Projectile motion help please. Exam tomorrow!

[esig]

I have an exam tomorrow and I have spent 3 hours trying to figure this out. I have the answer but not the method.

 

You throw a rock from an edge at the speed of 12 m/s at an angle of 25°.

You are 1,5 m above the edge and it is 10 m above the ground. No air resistance.

 

Have calculated max height and time 0,61 s and 3,3 m

 

b) how long is the rock in the air?

c) how far from the edge (horizontally) does the rock land?

d) what speed does the rock have when it lands?

 

 

Answers

b) 2,3 s (2,262)

c) 24 m (23,51)

d) 19 m (19,22)

 

Please help me, am a bit desperate, really want to pass this test!
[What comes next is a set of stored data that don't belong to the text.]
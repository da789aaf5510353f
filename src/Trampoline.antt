-- ===== src/Trampoline.antt =====
-- sysThrot.c: `stub_trampoline`, the assembly that a probe calls, as a program of a small machine with
-- the registers of the processor; and the wait of `sysThrot_cleanup` for the threads in it.
pub mod Calls
pub mod Drain
mod Tests
use syscall_throttling.Base.{ℕ, Bool, true, false, Option, none, some, List, [], ◌∷◌, ◌==◌}
use syscall_throttling.Throttle.{inc32, dec32}

pub data Register : Type 0 where
  rax rbx rcx rdx rsi rdi rbp r8 r9 r10 r11 r12 r13 r14 r15 : Register

-- The contents of the registers, numbers of 64 bits.
pub record Registers : Type 0 where
  pub rax : ℕ
  pub rbx : ℕ
  pub rcx : ℕ
  pub rdx : ℕ
  pub rsi : ℕ
  pub rdi : ℕ
  pub rbp : ℕ
  pub r8 : ℕ
  pub r9 : ℕ
  pub r10 : ℕ
  pub r11 : ℕ
  pub r12 : ℕ
  pub r13 : ℕ
  pub r14 : ℕ
  pub r15 : ℕ

unfoldable pub get : Register → Registers → ℕ
get Register.rax r = r.rax
get Register.rbx r = r.rbx
get Register.rcx r = r.rcx
get Register.rdx r = r.rdx
get Register.rsi r = r.rsi
get Register.rdi r = r.rdi
get Register.rbp r = r.rbp
get Register.r8 r = r.r8
get Register.r9 r = r.r9
get Register.r10 r = r.r10
get Register.r11 r = r.r11
get Register.r12 r = r.r12
get Register.r13 r = r.r13
get Register.r14 r = r.r14
get Register.r15 r = r.r15

unfoldable pub set : Register → ℕ → Registers → Registers
set Register.rax v r = record r { rax = v }
set Register.rbx v r = record r { rbx = v }
set Register.rcx v r = record r { rcx = v }
set Register.rdx v r = record r { rdx = v }
set Register.rsi v r = record r { rsi = v }
set Register.rdi v r = record r { rdi = v }
set Register.rbp v r = record r { rbp = v }
set Register.r8 v r = record r { r8 = v }
set Register.r9 v r = record r { r9 = v }
set Register.r10 v r = record r { r10 = v }
set Register.r11 v r = record r { r11 = v }
set Register.r12 v r = record r { r12 = v }
set Register.r13 v r = record r { r13 = v }
set Register.r14 v r = record r { r14 = v }
set Register.r15 v r = record r { r15 = v }

-- The instructions that the trampoline is written with. `label` is `1:`, and `jz` goes to it.
pub data Instruction : Type 0 where
  lock_incl lock_decl call_stub jz label addq_8_rsp ret : Instruction
  pushq popq testq : Register → Instruction
  movq : Register → Register → Instruction

-- The thread at the trampoline: its registers, the words above its stack pointer, the zero flag, the
-- address that the last `ret` went to; `sysThrot_stub_counter`; and the rest of the system.
pub record Cpu {ℓ} (S : Type ℓ) : Type ℓ where
  pub registers : Registers
  pub stack : List ℕ
  pub zero_flag : Bool
  pub rip : Option ℕ
  pub counter : ℕ
  pub system : S

abbrev pub stub_trampoline : List Instruction
stub_trampoline =
    lock_incl
    ∷ pushq Register.rbx
    ∷ pushq Register.rax
    ∷ pushq Register.rdi
    ∷ pushq Register.rsi
    ∷ pushq Register.rdx
    ∷ pushq Register.rcx
    ∷ pushq Register.r11
    ∷ pushq Register.r10
    ∷ pushq Register.r9
    ∷ pushq Register.r8
    ∷ call_stub
    ∷ movq Register.rax Register.rbx
    ∷ popq Register.r8
    ∷ popq Register.r9
    ∷ popq Register.r10
    ∷ popq Register.r11
    ∷ popq Register.rcx
    ∷ popq Register.rdx
    ∷ popq Register.rsi
    ∷ popq Register.rdi
    ∷ popq Register.rax
    ∷ testq Register.rbx
    ∷ jz
    ∷ movq Register.rbx Register.rax
    ∷ popq Register.rbx
    ∷ addq_8_rsp
    ∷ lock_decl
    ∷ ret
    ∷ label
    ∷ popq Register.rbx
    ∷ lock_decl
    ∷ ret
    ∷ []

-- `stub` stands for the compiled handler: from the registers, the counter and the system at the call
-- to what it leaves; other threads may change the counter and the system while it runs.
module _ {ℓ} {S : Type ℓ} (stub : Registers → ℕ × S → Registers × ℕ × S) where
  abbrev set_register : Register → ℕ → Cpu S → Cpu S
  set_register r v c = record c { registers = set r v c.registers }

  unfoldable pub pop : Register → List ℕ → Cpu S → Option (Cpu S)
  pop r [] c = none
  pop r (v ∷ stack) c = some (record (set_register r v c) { stack = stack })

  unfoldable pub drop : List ℕ → Cpu S → Option (Cpu S)
  drop [] c = none
  drop (v ∷ stack) c = some (record c { stack = stack })

  -- The instructions that go on to the next one.
  unfoldable pub step : Instruction → Cpu S → Option (Cpu S)
  step lock_incl c = some (record c { counter = inc32 c.counter })
  step lock_decl c = some (record c { counter = dec32 c.counter })
  step call_stub c =
      let (registers, counter, system) = stub c.registers (c.counter, c.system) in
      some (record c { registers = registers; counter = counter; system = system })
  step addq_8_rsp c = drop c.stack c
  step (pushq r) c = some (record c { stack = get r c.registers ∷ c.stack })
  step (popq r) c = pop r c.stack c
  step (testq r) c = some (record c { zero_flag = get r c.registers == 0 })
  step (movq from to) c = some (set_register to (get from c.registers) c)
  step _ c = some c

  unfoldable pub go_to : List ℕ → Cpu S → Option (Cpu S)
  go_to [] c = none
  go_to (address ∷ stack) c = some (record c { rip = some address; stack = stack })

  -- The program from an instruction on, up to its `ret`; the flag says that a jump passes over the
  -- instructions up to the label. `none` when the stack or the program has run out.
  unfoldable pub execute : List Instruction → Bool → Cpu S → Option (Cpu S)
  execute [] passing c = none
  execute (label ∷ code) passing c = execute code false c
  execute (_ ∷ code) true c = execute code true c
  execute (jz ∷ code) false c = execute code c.zero_flag c
  execute (ret ∷ code) false c = go_to c.stack c
  execute (i ∷ code) false c = elim (step i c) [ none ↦ none | some c1 ↦ execute code false c1 ]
I have figured out b and c

Still need help with d

[studiot]

presumably d is given in m/s since it is a velocity.

 

Have you drawn a diagram aand calculated the time of flight?

 

Velocity at time t has components

 

Vcos(a) and [Vsin(a) -gt]

 

Hence total velocity at time t is

 

[math]\sqrt {{V^2}{{\cos }^2}a + {{(V\sin a - gt)}^2}} [/math]

which can be simplified.

Edited January 4, 2015 by studiot

[imatfaal]

first thing is to draw a diagram

 

second make sure you have defined your questions - is max height above ground, above starting point,or above cliff edge? etc

 

thirdly figure out where you can divide your problem into more manageable portions (ie where is vertical velocity zero?)

 

fourthly - write out the equations you should need and the variables you have and are searching for

 

===

 

I do not agree with your first answers. Maybe I am too tired - but I get max height is 1.31m above launch (or 2.81 above cliff or 12.81 above floor) and time of max height as .517s

 

I use v=u+at v=0 u = vertical component of 12m/s = 12sin(25) a=-9.8m/s^2 t=?

 

and then I sub back into s=ut+1/2at^2

 

===

 

That gets you to the high point. you then have a simple trajectory question that I would do from there

[esig]

I do not agree with your first answers. Maybe I am too tired - but I get max height is 1.31m above launch (or 2.81 above cliff or 12.81 above floor) and time of max height as .517s

 

I use v=u+at v=0 u = vertical component of 12m/s = 12sin(25) a=-9.8m/s^2 t=?

 

and then I sub back into s=ut+1/2at^2

 

===

 

That gets you to the high point. you then have a simple trajectory question that I would do from there

Those are the answers given by my teachers.

 

 

But I have calculates time of flight, although I do not get the exact same number as given by my teachers but they are close. For instance I get 2,2449 seconds the rock is in the air but the teacher gave 2,262 s

And I get the distance as 23,3297 m, but I do get the same as the teacher if I use the same time he got witch is 23,51 m.

 

 

Max height is above starting point. I am not sure how to figure out where the vertical velocity is zero.

 

 

[math]\sqrt {{V^2}{{\cos }^2}a + {{(V\sin a - gt)}^2}} [/math]

 

which can be simplified.

 

How is it simplified?

Have figured it out. Thanks for your help

[studiot]

Simplified?

[math]\sqrt {{V^2} - 2gtV\sin a + {g^2}{t^2}} [/math]
Good luck in your exam.

[studiot]

Hi, I hope your exam went well.

 

Now that it is over and since there seems to be some question as to the numerical answers, I can post my full solution.

 

Note that the actual numbers will depend upon the value taken for g. I have used g = 9.8 since it make no difference to a calculator.

For hand calculation it is often a good dodge to use g =10.

 

As I recommended I have drawn a diagram, showing all the information given.

 

I also recommend writing down all the equations of motion and assembling a list of the known and unknown data.

 

You can then look at the list and see which equation has only one unknown to use.

 

I have done this in the first attachment.

 

and followed my own advice in the second.

 

I wonder, perhaps if you miscopied the original height and time of flight.

Note also the correct use of negative quantities.